# Help regarding UVA Question-The Lottery

Problem-Getting TLE

My approach-Calculated LCM of all numbers and tried to find numbers upto that lcm which are not divisible by it and accordingly finding uptil n as a cycle is repeated and remaining are separately counted.

My searches on google-Checked it on github as people have posted solutions there also checked a online forum where this question was discussed. By looking them they have checked j uptil 1<<m and checking for all array values of 1<<i (where i is the index of array) that if j&(1<<i) !=0 execute it.

My question-Why the above process was done. What does this -j&(1<<i) !=0 achieve. Any other way would also be appreciated. Please guys if anybody could explain this would be highly helpful

the above process is based on inclusion exclusion principle

1 Like

Say F(X) → Number multiples of X which are less than N. It’s trivial to see that F(X)=\displaystyle \frac{N}{X}
A_i → Set of all subsequences of size i. So if you apply exclusion-inclusion the problem boils down to finding the following summation.

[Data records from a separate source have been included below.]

-- ===== src/Index/Delete.antt =====
-- BplusTreeHandler of storage/index/bplus_tree.cpp: deletion, with the template parameter of its
-- functions as a kind of node. The memory of the key is there, so NOMEM is not returned.
pub mod Room
use oceanbase_jp.Prelude.{
  ℕ, zero, suc, ◌+◌, ◌-◌, Bool, true, false, Option, none, some, ◌∷◌, leb, ltb, ◌==◌, ◌&&◌,
  if◌then◌else◌,
}
use oceanbase_jp.Rc.{Rc, success, record_record_not_exist}
use oceanbase_jp.Index.Array.{move_items, put_item}
use oceanbase_jp.Index.Node.{IndexFileHeader, Item, Node}
use oceanbase_jp.Index.Leaf
use oceanbase_jp.Index.Internal
use oceanbase_jp.Index.Tree.{
  Tree, Env, node_at, put_node, mark_dirty, pin, unpin, set_root, on_fetch, and_then, decreased,
  find_leaf, update_root_page_num, copy_from,
}

-- IndexNodeHandlerType
pub data Kind : Type 0 where
  leaf inner : Kind

unfoldable pub max_size : Kind → IndexFileHeader → ℕ
max_size leaf = Leaf.max_size
max_size inner = Internal.max_size

unfoldable pub min_size : Kind → IndexFileHeader → ℕ
min_size leaf = Leaf.min_size
min_size inner = Internal.min_size

module _ {ℓ} {K : Type ℓ} where
  unfoldable pub key_at : Kind → Node K → ℕ → K
  key_at leaf node i = (node.items i).key
  key_at inner node i = (node.children i).key

  unfoldable pub dispose_page : Tree K → ℕ → Tree K
  dispose_page t n = record t { disposed = n ∷ t.disposed }

  -- The first child is taken out of the array, behind its move.
  unfoldable pub first_dropped : Node K → Node K
  first_dropped node =
      let children =
        if leb 1 node.key_num
        then move_items node.children 0 node.children 1 (node.key_num - 1)
        else node.children in
      record node { children = children; key_num = node.key_num - 1 }

  -- InternalIndexNodeHandler::preappend, within the node.
  unfoldable pub put_first : Node K → Item K ℕ → Node K
  put_first node item =
      let children =
        if ltb 0 node.key_num
        then move_items node.children 1 node.children 0 node.key_num
        else node.children in
      record node { children = put_item children 0 item; key_num = node.key_num + 1 }

module _ {ℓ} {K : Type ℓ} (env : Env K) where
  -- InternalIndexNodeHandler::append of the item at an index of an array.
  unfoldable pub append : Tree K → ℕ → (ℕ → Item K ℕ) → ℕ → Rc × Tree K
  append t this items i = copy_from env t this items i 1

  unfoldable pub preappend : Tree K → ℕ → Item K ℕ → Rc × Tree K
  preappend t this item =
      let child = item.value in
      let t1 = pin t child in
      let t2 = put_node t1 child (record (node_at t1 child) { parent = some this }) in
      let t3 = unpin (mark_dirty t2 child) child in
      on_fetch (env.fetch child) (success, put_node t3 this (put_first (node_at t3 this) item))
        (λ rc. (rc, t))

  -- The leaf behind the one that went is told of the new one before it.
  unfoldable pub next_told : Option ℕ → Tree K → ℕ → Rc × Tree K
  next_told none t other = (success, t)
  next_told (some next) t other =
      let t1 = pin t next in
      let t2 = put_node t1 next (record (node_at t1 next) { prev_brother = some other }) in
      on_fetch (env.fetch next) (success, unpin (mark_dirty t2 next) next) (λ rc. (rc, t))

  unfoldable pub move_to : Kind → Tree K → ℕ → ℕ → Rc × Tree K
  move_to leaf t this other =
      let (this', other') = Leaf.move_to (node_at t this) (node_at t other) in
      next_told this'.next_brother (put_node (put_node t other other') this this') other
  move_to inner t this other =
      let size = (node_at t this).key_num in
      and_then (copy_from env t other (node_at t this).children 0 size)
        (λ t'. (success, decreased t' this size))

  unfoldable pub move_first_to_end : Kind → Tree K → ℕ → ℕ → Rc × Tree K
  move_first_to_end leaf t this other =
      let (this', other') = Leaf.move_first_to_end (node_at t this) (node_at t other) in
      (success, put_node (put_node t other other') this this')
  move_first_to_end inner t this other =
      and_then (append t other (node_at t this).children 0)
        (λ t'. (success, put_node t' this (first_dropped (node_at t' this))))

  unfoldable pub move_last_to_front : Kind → Tree K → ℕ → ℕ → Rc × Tree K
  move_last_to_front leaf t this other =
      let (this', other') = Leaf.move_last_to_front (node_at t this) (node_at t other) in
      (success, put_node (put_node t other other') this this')
  move_last_to_front inner t this other =
      let node = node_at t this in
      and_then (preappend t other (node.children (node.key_num - 1)))
        (λ t'. (success, decreased t' this 1))

  -- adjust_root, behind the choice of the new root.
  unfoldable pub root_replaced : Tree K → ℕ → Option ℕ → Tree K
  root_replaced t old root =
      dispose_page (unpin (update_root_page_num env (set_root t root)).1 old) old

  unfoldable pub adjust_root : Tree K → ℕ → Rc × Tree K
  adjust_root t n =
      let root = node_at t n in
      let child = (root.children 0).value in
      let t1 = pin t child in
      let t2 = unpin (put_node t1 child (record (node_at t1 child) { parent = none })) child in
      if root.is_leaf && ltb 0 root.key_num
      then (success, unpin (mark_dirty t n) n)
      else if root.is_leaf
      then (success, root_replaced t n none)
      else on_fetch (env.fetch child) (success, root_replaced t2 n (some child)) (λ rc. (rc, t))

  -- What the moves return is not looked at.
  unfoldable pub redistribute : Kind → Tree K → ℕ → ℕ → ℕ → ℕ → Rc × Tree K
  redistribute kind t neighbor n parent index =
      let key_set : Tree K → ℕ → ℕ → Tree K = λ s i from.
        put_node s parent
          (Internal.set_key_at (node_at s parent) i (key_at kind (node_at s from) 0)) in
      let t1 =
        if index == 0
        then key_set (move_first_to_end kind t neighbor n).1 (index + 1) neighbor
        else key_set (move_last_to_front kind t neighbor n).1 index n in
      let t2 = mark_dirty (mark_dirty (mark_dirty t1 neighbor) n) parent in
      (success, unpin (unpin (unpin t2 parent) neighbor) n)

  -- coalesce, behind move_to: the links of leaves are set once more, without a mark.
  unfoldable pub relinked : Tree K → ℕ → ℕ → ℕ → Tree K
  relinked t next left right =
      let t1 = pin t next in
      unpin (put_node t1 next (record (node_at t1 next) { prev_brother = some left })) next

  unfoldable pub links_set : Option ℕ → Tree K → ℕ → ℕ → ℕ → Rc × Tree K
  links_set none t left right parent = (success, t)
  links_set (some next) t left right parent =
      on_fetch (env.fetch next) (success, relinked t next left right)
        (λ rc. (rc, unpin (unpin (unpin t left) right) parent))

  unfoldable pub leaves_linked : Tree K → ℕ → ℕ → ℕ → Rc × Tree K
  leaves_linked t left right parent =
      let next = (node_at t right).next_brother in
      let t' = put_node t left (record (node_at t left) { next_brother = next }) in
      if (node_at t left).is_leaf then links_set next t' left right parent else (success, t)

  unfoldable pub merged : Kind → Tree K → ℕ → ℕ → ℕ → ℕ → Rc × Tree K
  merged kind t left right parent index =
      let t1 = put_node t parent (Internal.remove (node_at t parent) index) in
      and_then (move_to kind t1 right left) (λ t2.
        and_then (leaves_linked t2 left right parent)
          (λ t3. (success, dispose_page (unpin (unpin t3 left) right) right)))

  -- The fuel is for the levels.
  unfoldable pub after_merge : (Tree K → Option (Rc × Tree K)) → Rc × Tree K → Option (Rc × Tree K)
  after_merge again (success, t) = again t
  after_merge again (rc, t) = some (rc, t)

  unfoldable pub coalesce :
      (Tree K → Option (Rc × Tree K)) → Kind → Tree K → ℕ → ℕ → ℕ → ℕ → Option (Rc × Tree K)
  coalesce again kind t neighbor n parent index = after_merge again (
      if index == 0
      then merged kind t n neighbor parent (index + 1)
      else merged kind t neighbor n parent index)

  -- coalesce_or_redistribute with the parent in a frame; `again` is the call for the parent.
  unfoldable pub with_neighbor :
      (Tree K → Option (Rc × Tree K)) → Kind → Tree K → ℕ → ℕ → Option (Rc × Tree K)
  with_neighbor again kind t n parent =
      let node = node_at t n in
      let parent_node = node_at t parent in
      let index =
        (Internal.lookup env.comparator parent_node (key_at kind node (node.key_num - 1))).child in
      let neighbor : ℕ =
        if index == 0
        then (parent_node.children 1).value
        else (parent_node.children (index - 1)).value in
      let t1 = pin t neighbor in
      let next =
        if ltb (max_size kind t1.file_header) (node.key_num + (node_at t1 neighbor).key_num)
        then some (redistribute kind t1 neighbor n parent index)
        else coalesce again kind t1 neighbor n parent index in
      on_fetch (env.fetch neighbor) next (λ rc. some (rc, unpin (unpin t n) parent))

  unfoldable pub with_parent :
      (ℕ → Tree K → Option (Rc × Tree K)) → Option ℕ → Kind → Tree K → ℕ → Option (Rc × Tree K)
  with_parent again none kind t n =
      some (success, if ltb 1 (node_at t n).key_num then unpin t n else (adjust_root t n).1)
  with_parent again (some parent) kind t n =
      on_fetch (env.fetch parent) (with_neighbor (again parent) kind (pin t parent) n parent)
        (λ rc. some (rc, unpin t n))

  -- On fuel, one for each level.
  unfoldable pub coalesce_or_redistribute : ℕ → Kind → Tree K → ℕ → Option (Rc × Tree K)
  coalesce_or_redistribute zero kind t n = none
  coalesce_or_redistribute (suc fuel) kind t n =
      let rest =
        with_parent (λ parent t'. coalesce_or_redistribute fuel inner t' parent)
          (node_at t n).parent kind t n in
      if leb (min_size kind t.file_header) (node_at t n).key_num
      then some (success, unpin t n)
      else rest

  -- delete_entry_internal, behind the removal from the leaf, by the number of items removed.
  unfoldable pub after_remove : ℕ → ℕ × Node K → Tree K → ℕ → Option (Rc × Tree K)
  after_remove fuel (zero, node) t n = some (record_record_not_exist, unpin t n)
  after_remove fuel (suc _, node) t n =
      let t' = mark_dirty (put_node t n node) n in
      if leb (Leaf.min_size t'.file_header) node.key_num
      then some (success, unpin t' n)
      else coalesce_or_redistribute fuel leaf t' n

  unfoldable pub delete_entry_internal : ℕ → Tree K → ℕ → K → Option (Rc × Tree K)
  delete_entry_internal fuel t n key =
      after_remove fuel (Leaf.remove env.comparator (node_at t n) key) t n

  unfoldable pub after_search : ℕ → Option (Rc × Option ℕ × Tree K) → K → Option (Rc × Tree K)
  after_search fuel none key = none
  after_search fuel (some (rc, none, t)) key = some (rc, t)
  after_search fuel (some (rc, some n, t)) key = delete_entry_internal fuel t n key

  -- delete_entry, with the key of the value and the record.
  unfoldable pub delete_entry : ℕ → Tree K → K → Option (Rc × Tree K)
  delete_entry fuel t key = after_search fuel (find_leaf env key fuel t) key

A=\sum_{i=1}^M\sum_{S \in A_i}\sum_{j \in S}(-1)^{i+1}F(j) \\ A=\sum_{i=1}^M\sum_{S \in A_i}\sum_{j \in S}(-1)^{i+1}\frac{N}{j}

And given the small constraints, you can naively evaluate it in \mathcal{O}(M\times2^M \log A_{max})

CODE
#include "bits/stdc++.h"
#define int long long
using namespace std ;
int lcm(int x,int y){
return (x*y)/__gcd(x,y) ;
}
int n,m ;
void solve(){
cin >> m  ;
vector<int>a(m) ;
for(int &x:a)
cin >> x  ;
int ans =0 ;
for(int i=0;i<(1<<m);i++){
int j=0,b=0,c=i,l=1 ;
while(c){
if(c&1)
b++,l=lcm(l,a[j]) ;
c>>=1 ;j++ ;
}
ans+=n/l*(b&1?-1:1) ;
}
cout << ans << '\n' ;
}
signed main(){
while(cin>>n)
solve() ;
}



PS: Is this the worst online judge of all time?

1 Like

Thanks a lot both of you. Now the solution has become clear. Thanks

Could you please explain what exactly is (int b) counting and checking for? Thankyou!